Task description – Each line that includes the word "fallback" should be copied from the records.

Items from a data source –
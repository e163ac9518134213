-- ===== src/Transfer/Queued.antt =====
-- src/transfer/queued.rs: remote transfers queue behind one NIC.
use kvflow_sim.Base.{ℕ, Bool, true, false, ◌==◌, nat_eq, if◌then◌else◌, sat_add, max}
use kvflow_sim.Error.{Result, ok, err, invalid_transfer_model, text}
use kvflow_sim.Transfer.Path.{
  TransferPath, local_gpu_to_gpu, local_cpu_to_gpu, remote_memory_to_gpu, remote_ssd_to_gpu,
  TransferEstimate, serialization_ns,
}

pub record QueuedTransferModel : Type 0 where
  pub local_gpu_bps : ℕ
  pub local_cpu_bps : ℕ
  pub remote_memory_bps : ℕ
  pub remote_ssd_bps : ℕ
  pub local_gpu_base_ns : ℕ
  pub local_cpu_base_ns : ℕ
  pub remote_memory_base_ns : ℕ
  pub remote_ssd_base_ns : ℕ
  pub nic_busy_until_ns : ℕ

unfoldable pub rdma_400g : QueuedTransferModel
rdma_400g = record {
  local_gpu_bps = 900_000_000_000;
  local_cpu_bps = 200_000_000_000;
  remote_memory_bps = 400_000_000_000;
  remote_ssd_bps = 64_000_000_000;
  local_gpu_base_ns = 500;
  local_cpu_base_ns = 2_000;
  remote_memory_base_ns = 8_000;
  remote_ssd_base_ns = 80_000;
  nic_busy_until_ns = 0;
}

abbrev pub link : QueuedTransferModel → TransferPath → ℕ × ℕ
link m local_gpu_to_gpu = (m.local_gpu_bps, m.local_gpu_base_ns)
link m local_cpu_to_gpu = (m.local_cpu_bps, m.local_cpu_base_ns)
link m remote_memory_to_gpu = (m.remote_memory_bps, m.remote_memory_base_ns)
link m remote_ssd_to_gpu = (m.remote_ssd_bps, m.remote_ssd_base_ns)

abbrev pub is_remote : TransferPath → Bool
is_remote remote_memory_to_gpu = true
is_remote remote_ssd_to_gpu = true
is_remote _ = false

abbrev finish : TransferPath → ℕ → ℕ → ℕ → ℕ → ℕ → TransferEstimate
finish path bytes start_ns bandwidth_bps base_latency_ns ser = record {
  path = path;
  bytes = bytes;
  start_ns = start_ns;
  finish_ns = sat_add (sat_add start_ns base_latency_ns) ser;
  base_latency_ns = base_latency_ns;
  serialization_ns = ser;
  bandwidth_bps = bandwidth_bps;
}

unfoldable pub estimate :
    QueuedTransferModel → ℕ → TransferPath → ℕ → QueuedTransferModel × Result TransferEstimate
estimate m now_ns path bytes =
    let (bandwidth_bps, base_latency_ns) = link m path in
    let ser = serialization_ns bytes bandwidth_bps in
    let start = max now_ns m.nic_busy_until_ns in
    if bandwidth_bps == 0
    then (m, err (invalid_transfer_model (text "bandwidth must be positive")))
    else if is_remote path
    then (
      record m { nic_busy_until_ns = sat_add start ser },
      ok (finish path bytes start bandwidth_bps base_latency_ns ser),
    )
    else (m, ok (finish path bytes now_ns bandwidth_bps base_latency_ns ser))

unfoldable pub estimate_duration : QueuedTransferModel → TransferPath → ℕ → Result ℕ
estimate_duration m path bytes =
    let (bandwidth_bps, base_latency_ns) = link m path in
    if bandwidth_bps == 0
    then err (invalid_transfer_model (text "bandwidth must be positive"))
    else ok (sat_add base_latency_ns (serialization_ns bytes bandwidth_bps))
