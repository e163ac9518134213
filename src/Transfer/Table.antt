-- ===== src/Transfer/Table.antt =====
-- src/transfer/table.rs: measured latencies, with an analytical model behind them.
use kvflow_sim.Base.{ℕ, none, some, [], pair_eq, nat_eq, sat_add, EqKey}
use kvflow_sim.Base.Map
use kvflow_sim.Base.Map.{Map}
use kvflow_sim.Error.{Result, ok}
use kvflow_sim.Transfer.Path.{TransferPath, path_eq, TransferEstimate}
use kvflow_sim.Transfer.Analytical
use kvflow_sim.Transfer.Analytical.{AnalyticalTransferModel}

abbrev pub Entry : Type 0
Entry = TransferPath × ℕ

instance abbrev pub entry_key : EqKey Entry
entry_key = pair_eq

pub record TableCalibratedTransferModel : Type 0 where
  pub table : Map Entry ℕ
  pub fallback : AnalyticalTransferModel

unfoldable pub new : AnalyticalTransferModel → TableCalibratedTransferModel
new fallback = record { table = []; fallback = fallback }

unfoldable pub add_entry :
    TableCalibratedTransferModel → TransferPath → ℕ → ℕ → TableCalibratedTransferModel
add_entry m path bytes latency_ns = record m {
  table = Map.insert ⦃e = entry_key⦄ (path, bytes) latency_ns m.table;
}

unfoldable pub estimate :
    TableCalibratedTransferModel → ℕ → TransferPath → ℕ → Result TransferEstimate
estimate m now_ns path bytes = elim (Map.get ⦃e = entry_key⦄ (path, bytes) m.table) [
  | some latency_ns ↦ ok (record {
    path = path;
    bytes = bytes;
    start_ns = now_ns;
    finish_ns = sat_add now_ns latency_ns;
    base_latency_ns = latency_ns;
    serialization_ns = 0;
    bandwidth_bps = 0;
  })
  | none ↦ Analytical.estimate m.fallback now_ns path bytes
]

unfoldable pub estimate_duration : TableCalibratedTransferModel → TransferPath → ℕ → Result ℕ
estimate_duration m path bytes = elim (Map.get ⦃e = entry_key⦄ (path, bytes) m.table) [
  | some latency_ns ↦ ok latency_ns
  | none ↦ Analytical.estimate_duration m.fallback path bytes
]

Result below –
  pub fallback : AnalyticalTransferModel
new fallback = record { table = []; fallback = fallback }
  | none ↦ Analytical.estimate m.fallback now_ns path bytes
  | none ↦ Analytical.estimate_duration m.fallback path bytes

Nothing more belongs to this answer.